One way to address the overfitting problem in decision-tree induction is to use a tuning set in conjunction with a pruning algorithm. The following is a greedy algorithm for doing this.

  Let bestTree = the tree produced by C5.0 on the TRAINING set
  Let bestAccuracy = the accuracy of bestTree on the TUNING set
  Let progressMade = true

  while (progressMade) // Continue as long as improvement on TUNING SET
  {
      Set progressMade = false
      Let currentTree = bestTree

      For each interiorNode N (including the root) in currentTree
      {   // Consider various pruned versions of the current tree
          // and see if any are better than the best tree found so far

          Let prunedTree be a copy of currentTree,
          except replace N by a leaf node
          whose label equals the majority class among TRAINING set
          examples that reached node N (break ties in favor of '-')

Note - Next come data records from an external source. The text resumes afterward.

-- ===== src/Tests/Api.antt =====
-- A server with room for one object.
pub mod Laws
pub mod Slots
use old_broker_repo.Prelude.{
  ℕ, Text, codes, List, [], ◌∷◌, Option, none, some, Error, foreign, ok, err, ◌≡◌, ◌≢◌, ◌⊎◌, inl,
  inr, Bool, true, false, refl, arith, ◌==◌, eq_refl, eq_iff, ◌&&◌, ◌||◌, if◌then◌else◌, Bool-cases,
  Memᴰ, subst, sym, ap, ◌∙◌,
}
use old_broker_repo.Crd.Objects.{IstioKind, IstioKindList, get_items}
use old_broker_repo.Crd.Client.{RestClient}
use old_broker_repo.Crd.Api.{
  Objects, Same, Sets, IsAnswerTo, IsWritten, IsReplaced, IsListing, ApiLaws,
}
use old_broker_repo.Tests.World.{TestMessage}

abbrev pub Object : Type 0
Object = IstioKind TestMessage

pub record Slot : Type 0 where
  pub namespace : Text
  pub resource : Text
  pub name : Text
  pub object : Object

abbrev pub Room : Type 0
Room = Option Slot

abbrev pub vacant : Room
vacant = none

abbrev pub is_at : Slot → Text → Text → Text → Bool
is_at x ns res n = x.namespace == ns && (x.resource == res && x.name == n)

abbrev pub held : Room → Objects TestMessage
held none ns res n = none
held (some x) ns res n = if is_at x ns res n then some x.object else none

-- The object at another revision.
abbrev pub at_revision : Text → Object → Object
at_revision r k = record k { object_meta = record (k.object_meta) { resource_version = r } }

abbrev pub refusal : Error
refusal = foreign (codes "refused")

abbrev pub Answer : Type 0
Answer = (Option Error × Object) × Room

abbrev pub fetch : Text → Text → Text → Object → Room → Answer
fetch ns res n k none = ((some refusal, k), none)
fetch ns res n k (some x) =
    if is_at x ns res n then ((none, x.object), some x) else ((some refusal, k), some x)

abbrev pub slot : Text → Text → Text → Object → Room
slot ns res n k = some (record { namespace = ns; resource = res; name = n; object = k })

abbrev pub place : Text → Text → Object → Object → Room → Answer
place ns res body k none =
    let made = at_revision (codes "8") body in
    ((none, made), slot ns res body.object_meta.name made)
place ns res body k (some x) = ((some refusal, k), some x)

abbrev pub is_current : Object → Object → Bool
is_current body old =
    body.object_meta.resource_version == []
    || body.object_meta.resource_version == old.object_meta.resource_version

abbrev pub replace : Text → Text → Text → Object → Object → Room → Answer
replace ns res n body k none = ((some refusal, k), none)
replace ns res n body k (some x) =
    let made = at_revision (0 ∷ x.object.object_meta.resource_version) body in
    if is_at x ns res n && is_current body x.object
    then ((none, made), slot ns res n made)
    else ((some refusal, k), some x)

abbrev pub remove : Text → Text → Text → Room → Option Error × Room
remove ns res n none = (some refusal, none)
remove ns res n (some x) = if is_at x ns res n then (none, none) else (some refusal, some x)

abbrev pub listed : Text → Text → Room → List (Option Object)
listed ns res none = []
listed ns res (some x) =
    if x.resource == res && (ns == [] || ns == x.namespace) then some x.object ∷ [] else []

abbrev pub listing : List (Option Object) → IstioKindList TestMessage
listing items = record { type_meta = record { kind = []; api_version = [] }; items = some items }

abbrev pub server : RestClient Room TestMessage
server = record {
  get_into = fetch;
  list_into = λ ns res l w. ((none, listing (listed ns res w)), w);
  post_into = place;
  put_into = replace;
  delete = remove;
}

          Let newAccuracy = accuracy of prunedTree on the TUNING set

          // Is this pruned tree an improvement, based on the TUNE set?
          // When a tie, go with the smaller tree (Occam's Razor).
          If (newAccuracy >= bestAccuracy)
          {
            bestAccuracy = newAccuracy
            bestTree = prunedTree
            progressMade = true
          }
       }
   }
   return bestTree

Generation of rules
Each path, from the root to a leaf, corresponds to a rule where all of the decisions leading to the leaf define the antecedent to the rule, and the consequent is the classification at the leaf node. For example, from the tree above we could generate the rule:

if color = red and size = big then +
By constructing a rule for each path to a leaf yields an interpretation of what the tree means.
Setting Parameters
Some learning algorithms require setting learning parameters. Parameters must be set without looking at the test data! One method: Tuning Sets.
Using Tuning Sets for Parameter Setting
1. Partition data in Training set and Test set. Then partition Training set into Train set and Tune set.
2. For each candidate parameter value, generate decision tree using the Train set
3. Use Tune set to evaluate error rates and determine which parameter value is best
4. Compute new decision tree using selected parameter values and entire Training set
Cross-Validation for Experimental Validation of Performance
1. Divide all examples into N disjoint subsets, E = E₁, E₂, ..., E_N
2. For each i = 1, ..., N do
  - Test set = E_i
  - Training set = E - E_i
  - Compute decision tree using Training set
  - Determine performance accuracy P_i using Test set
3. Compute N-fold cross-validation estimate of performance = (P₁ + P₂ + ... + P_N)/N
One special case of interest called Leave-1-Out where N-fold cross-validation uses N = number of examples. Good when the number of examples available is small (less than about 100)

Summary

One of the most widely used learning methods in practice
Can out-perform human experts in many problems
Strengths: Fast; simple to implement; can convert result to a set of easily interpretable rules; empirically valid in many commercial products; handles noisy data
Weaknesses: "Univariate" splits/partitioning using only one attribute at a time so limits types of possible trees; large decision trees may be hard to understand; requires fixed-length feature vectors; non-incremental (i.e., batch method).